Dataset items
-- ===== src/Cluster/Rollback.antt =====
-- A Create that fails leaves no row on the platform that it stamped, but for the deletion of it.
use provider_crossplane_akui.Kube.{has_kube_config}
use provider_crossplane_akui.Cluster.{named}
use provider_crossplane_akui.Gateway.State.{ApplyRequest}
use provider_crossplane_akui.Cluster.Convert.{build_apply_instance_request}
use provider_crossplane_akui.Common.{
  ok, Result-cases, Bool-cases, Option-cases, ◌≡◌, refl, sym, ap, subst, ◌≢◌, ◌⊎◌, inl, inr, false,
  none, some, arith,
}
use provider_crossplane_akui.Reason.{
  Error, wrap, Err, classify_apply_error, classify_manifest_install_error,
}
use provider_crossplane_akui.Reason.Classify.{classify_apply_error-ne-none}
use provider_crossplane_akui.Guard.{TerminalWriteKey}
use provider_crossplane_akui.Base.{record_terminal_write, clear_terminal_write}
use provider_crossplane_akui.Cluster.{
  ClusterResource, ClusterApi, ClusterWorld, cluster_write_key, sync_maintenance_mode, failed,
  strip_manifests, rollback, rolled_back, install_manifests, install, finish_create, stamp,
  try_create, create_cluster,
}

module _ {S T C : Type 0} (api : ClusterApi S T C) where
  -- The platform did not take the row.
  abbrev IsUnstamped : ClusterWorld S → S → Type 0
  IsUnstamped w s =
      (s ≡ w.remote)
      ⊎ ((req : ApplyRequest) × (e : Error) × (build_apply_instance_request api.codecs
              w.mg.for_provider.instance_id w.mg.for_provider
            ≡ ok req)
          × (api.apply_instance w.remote req ≡ (some e, s)))

  -- The last call asked the platform to delete the row.
  abbrev IsDeleted : ClusterWorld S → S → Type 0
  IsDeleted w s =
      (before : S) × ((api.delete_cluster before w.mg.for_provider.instance_id
          w.mg.for_provider.name).1
        ≡ s)

  abbrev pub IsRolledBack : ClusterWorld S → Err × ClusterWorld S → Type 0
  IsRolledBack w r =
      (r.0 ≢ none)
      × (r.1.mg.meta.external_name ≡ w.mg.meta.external_name)
      × (IsUnstamped w r.1.remote ⊎ IsDeleted w r.1.remote)

  abbrev pub IsCreated : ClusterWorld S → Err × ClusterWorld S → Type 0
  IsCreated w r = (r.0 ≡ none) × (r.1.mg.meta.external_name ≡ w.mg.for_provider.name)

  abbrev Fate : ClusterWorld S → Err × ClusterWorld S → Type 0
  Fate w r = IsCreated w r ⊎ IsRolledBack w r

  classify_manifest_install_error-ne-none :
      (e : Error) → classify_manifest_install_error api.errors (some e) ≢ none
  unfolding classify_manifest_install_error
  classify_manifest_install_error-ne-none e = ground arith

  -- A failure after the row was stamped, recorded and rolled back.
  fails :
      (w : ClusterWorld S) (v : ClusterWorld S) (key : TerminalWriteKey) (e : Err)
      → v.mg ≡ w.mg
      → e ≢ none
      → IsRolledBack w (failed api (rolled_back api v) key e)
  unfolding record_terminal_write rollback
  fails w v key e same n = (
    n,
    ap (λ (m : ClusterResource). m.meta.external_name) same,
    inr (
      strip_manifests api v.remote v.mg,
      ap
          (λ (m : ClusterResource).
            (api.delete_cluster (strip_manifests api v.remote v.mg) m.for_provider.instance_id
              m.for_provider.name).1)
          (sym same),
    ),
  )

  unstamped :
      (w v : ClusterWorld S) (key : TerminalWriteKey) (e : Err)
      → e ≢ none
      → v.mg ≡ w.mg
      → IsUnstamped w v.remote
      → IsRolledBack w (failed api v key e)
  unfolding record_terminal_write
  unstamped w v key e n same u = (n, ap (λ (m : ClusterResource). m.meta.external_name) same, inl u)

  via : (w : ClusterWorld S) (a b : Err × ClusterWorld S) → a ≡ b → Fate w b → Fate w a
  via w a b e = subst (Fate w) (sym e)

  install-Fate :
      (w v : ClusterWorld S) (key : TerminalWriteKey) → v.mg ≡ w.mg → Fate w (install api v key)
  unfolding install install_manifests
  install-Fate w v key same = elim (Bool-cases (has_kube_config v.mg.for_provider.target)) [
    | inr n ↦
        via w (install api v key) (none, named api v) (ground (arith, n))
          (inl (refl, ap (λ (m : ClusterResource). m.for_provider.name) same))
    | inl n ↦
        let g =
          api.get_cluster_manifests v.remote v.mg.for_provider.instance_id v.mg.for_provider.name in
        elim (Result-cases g.0) [
          | inr (e, r) ↦
              via w (install api v key)
                (failed api (rolled_back api (record v { remote = g.1 })) key (
                  classify_manifest_install_error api.errors
                    (some (wrap "could not get cluster manifests to apply" e))))
                (ground (arith, n, r))
                (inr (
                  fails w (record v { remote = g.1 }) key
                    (classify_manifest_install_error api.errors
                      (some (wrap "could not get cluster manifests to apply" e)))
                    same (classify_manifest_install_error-ne-none _)))
          | inl (manifests, r) ↦
              let a = api.apply_manifests_to_target g.1 v.mg.for_provider.target manifests false in
              elim (Option-cases a.0) [
                | inl d ↦
                    via w (install api v key) (none, named api (record v { remote = a.1 }))
                      (ground (arith, n, r, d))
                      (inl (refl, ap (λ (m : ClusterResource). m.for_provider.name) same))
                | inr (x, d) ↦
                    via w (install api v key)
                      (failed api (rolled_back api (record v { remote = a.1 })) key (
                        classify_manifest_install_error api.errors
                          (some (wrap "could not apply cluster manifests" x))))
                      (ground (arith, n, r, d))
                      (inr (
                        fails w (record v { remote = a.1 }) key
                          (classify_manifest_install_error api.errors
                            (some (wrap "could not apply cluster manifests" x)))
                          same (classify_manifest_install_error-ne-none _)))
              ]
        ]
  ]

  finish_create-Fate :
      (w v : ClusterWorld S) (key : TerminalWriteKey)
      → v.mg ≡ w.mg
      → Fate w (finish_create api v key)
  unfolding finish_create
  finish_create-Fate w v key same =
      let m = sync_maintenance_mode api v.remote v.mg in
      elim (Option-cases m.0) [
        | inl d ↦
            via w (finish_create api v key)
              (install api (record v { remote = m.1; guard = clear_terminal_write v.guard key })
                key)
              (ground (arith, d))
              (install-Fate w (record v { remote = m.1; guard = clear_terminal_write v.guard key })
                key same)
        | inr (x, d) ↦
            via w (finish_create api v key)
              (failed api (rolled_back api (record v { remote = m.1 })) key
                (classify_apply_error api.errors (some x)))
              (ground (arith, d))
              (inr (
                fails w (record v { remote = m.1 }) key (classify_apply_error api.errors (some x))
                  same (classify_apply_error-ne-none api.errors x)))
      ]

  try_create-Fate : (w : ClusterWorld S) → Fate w (try_create api w)
  unfolding try_create stamp
  try_create-Fate w = elim (Result-cases (cluster_write_key api w.mg)) [
    | inr (e, k) ↦
        via w (try_create api w) (some e, w) (ground (arith, k))
          (inr (λ h. cc (h), refl, inl (inl refl)))
    | inl (key, k) ↦
        elim (Result-cases (
          build_apply_instance_request api.codecs w.mg.for_provider.instance_id
            w.mg.for_provider)) [
              | inr (e, b) ↦
                  via w (try_create api w)
                    (failed api w key (
                      classify_apply_error api.errors
                        (some (wrap "cannot transform cluster to Akuity API model" e))))
                    (ground (arith, k, b))
                    (inr (
                      unstamped w w key _ (classify_apply_error-ne-none api.errors _) refl
                        (inl refl)))
              | inl (req, b) ↦
                  let a = api.apply_instance w.remote req in
                  elim (Option-cases a.0) [
                    | inl d ↦
                        via w (try_create api w) (finish_create api (record w { remote = a.1 }) key)
                          (ground (arith, k, b, d))
                          (finish_create-Fate w (record w { remote = a.1 }) key refl)
                    | inr (x, d) ↦
                        via w (try_create api w)
                          (failed api (record w { remote = a.1 }) key
                            (classify_apply_error api.errors (some x)))
                          (ground (arith, k, b, d))
                          (inr (
                            unstamped w (record w { remote = a.1 }) key _
                              (classify_apply_error-ne-none api.errors x) refl
                              (inr (req, x, b, ground (arith, d)))))
                  ]
            ]
  ]

  -- A Create that succeeds sets the external name to the name of the cluster. One that fails
  -- leaves the external name, and the platform either never took the row or was asked, in the
  -- last call, to delete it.
  pub create_cluster-IsRolledBack :
      (w : ClusterWorld S)
      → IsCreated w (create_cluster api w) ⊎ IsRolledBack w (create_cluster api w)
  unfolding create_cluster
  create_cluster-IsRolledBack w = try_create-Fate w
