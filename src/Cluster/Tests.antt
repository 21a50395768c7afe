-- ===== src/Cluster/Tests.antt =====
-- A platform whose state is the log of the calls.
use provider_crossplane_akui.Common.{
  ok, err, if◌then◌else◌, ◌==◌, String, ◌<>◌, ◌≡◌, refl, ◌≢◌, ◌⊎◌, Bool, true, false, Option, none,
  some, [],
}
use provider_crossplane_akui.Reason.{new, ErrorApi}
use provider_crossplane_akui.Guard.{
  write_terminal_fingerprint_part, write_parts, new_terminal_write_key,
}
use provider_crossplane_akui.ClusterTypes.{ClusterData, ClusterSpec}
use provider_crossplane_akui.Json.{str, obj, end}
use provider_crossplane_akui.Kube.{has_kube_config, target_fingerprint}
use provider_crossplane_akui.Cluster.{
  ClusterResource, size_small, ProtoCluster, ClusterCodec, ClusterApi, ClusterWorld,
  cluster_write_key, maintenance_mode_already_applied, sync_maintenance_mode, strip_manifests,
  rollback, install_manifests, install, finish_create, stamp, try_create, create_cluster,
}
use provider_crossplane_akui.Common.Text.{is_blank, equal_fold}
use provider_crossplane_akui.CustomSize.{project_custom_cluster_size}
use provider_crossplane_akui.Cluster.Convert.{spec_to_api, build_apply_instance_request}
use provider_crossplane_akui.Cluster.Kustomization.{cluster_kustomization_raw}
use provider_crossplane_akui.Cluster.Rollback.{IsRolledBack, IsCreated, create_cluster-IsRolledBack}

abbrev errors : ErrorApi
errors = record {
  from_error = λ _. none;
  is_kube_not_found = λ _. false;
  is_forbidden = λ _. false;
  is_unauthorized = λ _. false;
}

-- YAML is JSON and every document empty; a time is its text.
abbrev pub codecs : ClusterCodec String
codecs = record {
  codec = record {
    yaml = record { unmarshal = λ s. ok (some end); marshal = λ m. ok "patches" };
    yaml_to_json = λ s. ok s;
    json_to_yaml = λ raw. ok raw;
    unmarshal_object = λ raw. ok (some end);
    parse_time = λ s. ok s;
    is_zero = λ t. false;
    format_time = λ t. t;
  };
  unmarshal_any = λ raw. ok (obj end);
  marshal_object = λ m. ok "{}";
  remarshal = λ k. ok "{}";
  marshal_wire = λ wire. ok (str wire.namespace);
}

abbrev remote_cluster : ProtoCluster String
remote_cluster = record {
  id = "c-1";
  name = "east";
  description = "";
  proto_data = record {
    namespace = "akuity";
    namespace_scoped = false;
    labels = [];
    annotations = [];
    size = size_small;
    auto_upgrade_disabled = none;
    kustomization = none;
    app_replication = none;
    target_version = "";
    redis_tunneling = none;
    direct_cluster_spec = none;
    datadog_annotations_enabled = none;
    eks_addon_enabled = none;
    managed_cluster_config = none;
    maintenance_mode = none;
    multi_cluster_k8s_dashboard_enabled = none;
    autoscaler_config = none;
    project = "";
    compatibility = none;
    argocd_notifications_settings = none;
    server_side_diff_enabled = none;
    maintenance_mode_expiry = none;
    pod_inherit_metadata = none;
  };
  agent_state = none;
  health = record { code = 1; message = "" };
  reconciliation = record { code = 1; message = "" };
}

-- Manifests can be deleted from the target and not applied to it; a time is its text.
abbrev pub log : ClusterApi String String String
log = record {
  errors = errors;
  config = record {
    errors = errors;
    has_client = true;
    get_secret = λ ns n. ok (some "kubeconfig");
    in_cluster = ok "in-cluster";
    parse = λ b. ok b;
    sum = λ s. s;
  };
  codecs = codecs;
  apply_instance = λ s r. (none, s <> "+" <> r.id);
  set_maintenance_mode = λ s i n mode t. (none, s <> " maintenance");
  get_cluster = λ s i n. (ok remote_cluster, s <> " get");
  get_cluster_manifests = λ s i n. (ok "pods", s <> " manifests");
  apply_manifests_to_target = λ s t m delete. (
    if delete then none else some (new "forbidden"),
    s <> (if delete then " strip" else " install"),
  );
  delete_cluster = λ s i n. (none, s <> " -" <> n);
  export_clusters = λ s i. (ok [], s);
  get_instance_id = λ s n. (ok "i-1", s);
  kube_instance = λ n. ok n;
  marshal_entry = λ e. ok "cluster";
  unmarshal_wire = λ raw. err (new "no cluster");
  same_time = λ t u. t == u;
  equal = λ p q. p.namespace == q.namespace;
  encode_request = λ r. elim r.rest [ str s ↦ ok s | _ ↦ ok "" ];
  encode_parameters = λ p. ok "parameters";
  encode = λ v. ok "json";
  sum = λ s. s;
}

abbrev pub data_of : Option Bool → Option String → ClusterData
data_of mode expiry = record {
  size = "small";
  auto_upgrade_disabled = none;
  kustomization = "";
  app_replication = none;
  target_version = "";
  redis_tunneling = none;
  direct_cluster_spec = none;
  datadog_annotations_enabled = none;
  eks_addon_enabled = none;
  managed_cluster_config = none;
  maintenance_mode = mode;
  multi_cluster_k8s_dashboard_enabled = none;
  autoscaler_config = none;
  custom_agent_size_config = none;
  project = "";
  compatibility = none;
  argocd_notifications_settings = none;
  server_side_diff_enabled = none;
  maintenance_mode_expiry = expiry;
  pod_inherit_metadata = none;
}

abbrev spec_of : ClusterData → ClusterSpec
spec_of d = record { description = ""; namespace_scoped = none; cluster_data = d }

abbrev pub east : String → ClusterResource
east external_name = record {
  meta = record {
    uid = "u1";
    namespace = "team";
    name = "east";
    external_name = external_name;
    was_deleted = false;
    generation = 1;
    observed_generation = 0;
    conditions = [];
  };
  for_provider = record {
    instance_id = "i-1";
    instance_ref = none;
    name = "east";
    namespace = "akuity";
    cluster_spec = spec_of (data_of (some true) (some "2026-01-01T00:00:00Z"));
    annotations = [];
    labels = [];
    target = record { enable_in_cluster = true; secret_name = ""; secret_namespace = "" };
    remove_agent_resources_on_destroy = true;
  };
  at_provider = record {
    id = "";
    name = "";
    description = "";
    namespace = "";
    namespace_scoped = false;
    labels = [];
    annotations = [];
    auto_upgrade_disabled = false;
    app_replication = false;
    target_version = "";
    redis_tunneling = false;
    agent_state = record { version = ""; argo_cd_version = ""; statuses = [] };
    health_status = record { code = 0; message = "" };
    reconciliation_status = record { code = 0; message = "" };
    kustomization = "";
    agent_size = "";
    at_cluster_spec = spec_of (data_of (some true) (some "2026-01-01T00:00:00Z"));
  };
}

abbrev pub world : String → ClusterWorld String
world external_name = record { remote = ""; guard = some []; mg = east external_name }

-- The installation fails: the manifests are stripped, and the row is deleted.
rolls_back :
    (create_cluster log (world "")).1.remote ≡ "+i-1 manifests install manifests strip -east"
unfolding create_cluster try_create stamp finish_create sync_maintenance_mode
    maintenance_mode_already_applied install install_manifests has_kube_config rollback
    strip_manifests cluster_write_key target_fingerprint new_terminal_write_key write_parts
    write_terminal_fingerprint_part build_apply_instance_request spec_to_api
    project_custom_cluster_size equal_fold cluster_kustomization_raw is_blank
rolls_back = refl

create_cluster-IsRolledBack_example :
    IsCreated log (world "") (create_cluster log (world ""))
    ⊎ IsRolledBack log (world "") (create_cluster log (world ""))
create_cluster-IsRolledBack_example = create_cluster-IsRolledBack log (world "")

has_expiry : (data_of (some true) (some "2026-01-01T00:00:00Z")).maintenance_mode_expiry ≢ some ""
has_expiry h = cc (h)
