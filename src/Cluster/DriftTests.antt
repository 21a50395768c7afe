-- ===== src/Cluster/DriftTests.antt =====
-- A cluster whose kustomization has nothing but its header, with a library that knows only this one.
use provider_crossplane_akui.Common.{
  Result, ok, err, if◌then◌else◌, ◌==◌, ==_iff, ◌&&◌, String, ◌≡◌, refl, sym, ap, subst, ◌↔◌, true,
  some, none, inl, inr, arith,
}
use provider_crossplane_akui.Common.Text.{is_blank, trims_to, equal_fold}
use provider_crossplane_akui.Reason.{Error, new}
use provider_crossplane_akui.Json.{str, Fields, end, field, lookup}
use provider_crossplane_akui.Cluster.{
  WireCluster, ClusterCodec, ClusterApi, ClusterWorld, with_data,
}
use provider_crossplane_akui.ClusterTypes.{ClusterData}
use provider_crossplane_akui.CustomSize.{project_custom_cluster_size}
use provider_crossplane_akui.Cluster.Convert.{spec_to_api, wire_of}
use provider_crossplane_akui.Cluster.Kustomization.{
  cluster_kustomization_raw, encoded_kustomization, validate_cluster_kustomization_object,
}
use provider_crossplane_akui.Cluster.Observe.{exists, compare_cluster}
use provider_crossplane_akui.Cluster.Entries.{HasEntry, Renders}
use provider_crossplane_akui.Cluster.Absorbed.{HoldsDeclared}
use provider_crossplane_akui.Cluster.NoDrift.{exported_as, compare_cluster-HoldsDeclared}
use provider_crossplane_akui.Cluster.Tests.{log, codecs, data_of, east, world}

abbrev header : Fields
header =
    field "apiVersion" (str "kustomize.config.k8s.io/v1beta1")
      (field "kind" (str "Kustomization") end)

abbrev encode : Fields → Result Error String
encode (field j (str u) (field k (str v) end)) =
    if j == "apiVersion"
      && (u == "kustomize.config.k8s.io/v1beta1" && (k == "kind" && v == "Kustomization"))
    then ok "doc"
    else err (new "another document")
encode _ = err (new "another document")

-- The four texts of such a document.
abbrev texts : Fields → String × String × String × String
texts (field j (str u) (field k (str v) end)) = (j, u, k, v)
texts _ = ("", "", "", "")

encode-header : (m : Fields) (k : String) → encode m ≡ ok k → (m ≡ header) × (k ≡ "doc")
encode-header m k h =
    let a = ==_iff (texts m).0 "apiVersion" in
    let b = ==_iff (texts m).1 "kustomize.config.k8s.io/v1beta1" in
    let c = ==_iff (texts m).2 "kind" in
    let d = ==_iff (texts m).3 "Kustomization" in (ground (arith, h, a, b, c, d), ground (arith, h))

abbrev known : ClusterCodec String
known = record codecs {
  codec = record (codecs.codec) {
    unmarshal_object = λ raw. if raw == "doc" then ok (some header) else ok none;
  };
  marshal_object = encode;
}

known-Renders : Renders known
unfolding is_blank trims_to
known-Renders = record {
  has_text = λ m k h. rw (encode-header m k h).1 refl;
  renders = λ m k h.
      let (e, t) = encode-header m k h in
      (
        "doc",
        "doc",
        header,
        ap (λ (x : String). ok x) t,
        refl,
        refl,
        refl,
        refl,
        λ i v.
            subst (λ (x : Fields). HasEntry i v x ↔ HasEntry i v header) (sym e) (λ x. x, λ x. x),
        ap (λ (x : String). ok x) (sym t),
      );
}

abbrev platform : ClusterApi String String String
platform = record log { codecs = known; equal = λ p q. true }

-- The user declares the maintenance mode, and the get has it; the export strays on two fields.
abbrev declared : ClusterData
declared = record (data_of (some true) none) { kustomization = "doc" }

abbrev held : ClusterData
held = record declared { compatibility = some (record { ipv6_only = some true }) }

abbrev stray : ClusterData
stray = record declared {
  maintenance_mode = none;
  maintenance_mode_expiry = some "2026-01-01T00:00:00Z";
}

abbrev drifting : ClusterWorld String
drifting = record (world "east") {
  mg = record (east "east") { for_provider = with_data ((east "east").for_provider) declared };
}

abbrev wire : WireCluster String
wire = wire_of known drifting.mg.for_provider declared "doc"

applied : spec_to_api known drifting.mg.for_provider ≡ ok wire
unfolding spec_to_api project_custom_cluster_size equal_fold cluster_kustomization_raw is_blank
    encoded_kustomization validate_cluster_kustomization_object trims_to lookup
applied = refl

held-HoldsDeclared : HoldsDeclared declared held
held-HoldsDeclared = record {
  dashboard = inl refl;
  autoscaler = λ h. inl refl;
  compatibility = inl refl;
  notifications = inl refl;
  direct = inl refl;
  server_side = inl refl;
  metadata = inl refl;
  datadog = inl refl;
  addon = inl refl;
  mode = inr refl;
  expiry = inl refl;
}

compare_cluster-HoldsDeclared_example :
    ((compare_cluster platform drifting
        (with_data drifting.mg.for_provider held)
        (exported_as platform drifting wire stray)).obs
      ≡ exists platform true)
    × ((compare_cluster platform drifting
          (with_data drifting.mg.for_provider held)
          (exported_as platform drifting wire stray)).error
        ≡ none)
compare_cluster-HoldsDeclared_example =
    compare_cluster-HoldsDeclared platform drifting (with_data drifting.mg.for_provider held) wire
      stray known-Renders (λ q. refl) applied refl held-HoldsDeclared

**Your goal:** Look above for the line that contains "inl (req, b) ↦". Starting there, transcribe every line exactly until you have copied the line that contains "-- A Create that succeeds".

**Task solution:**
              | inl (req, b) ↦
                  let a = api.apply_instance w.remote req in
                  elim (Option-cases a.0) [
                    | inl d ↦
                        via w (try_create api w) (finish_create api (record w { remote = a.1 }) key)
                          (ground (arith, k, b, d))
                          (finish_create-Fate w (record w { remote = a.1 }) key refl)
                    | inr (x, d) ↦
                        via w (try_create api w)
                          (failed api (record w { remote = a.1 }) key
                            (classify_apply_error api.errors (some x)))
                          (ground (arith, k, b, d))
                          (inr (
                            unstamped w (record w { remote = a.1 }) key _
                              (classify_apply_error-ne-none api.errors x) refl
                              (inr (req, x, b, ground (arith, d)))))
                  ]
            ]
  ]

  -- A Create that succeeds sets the external name to the name of the cluster. One that fails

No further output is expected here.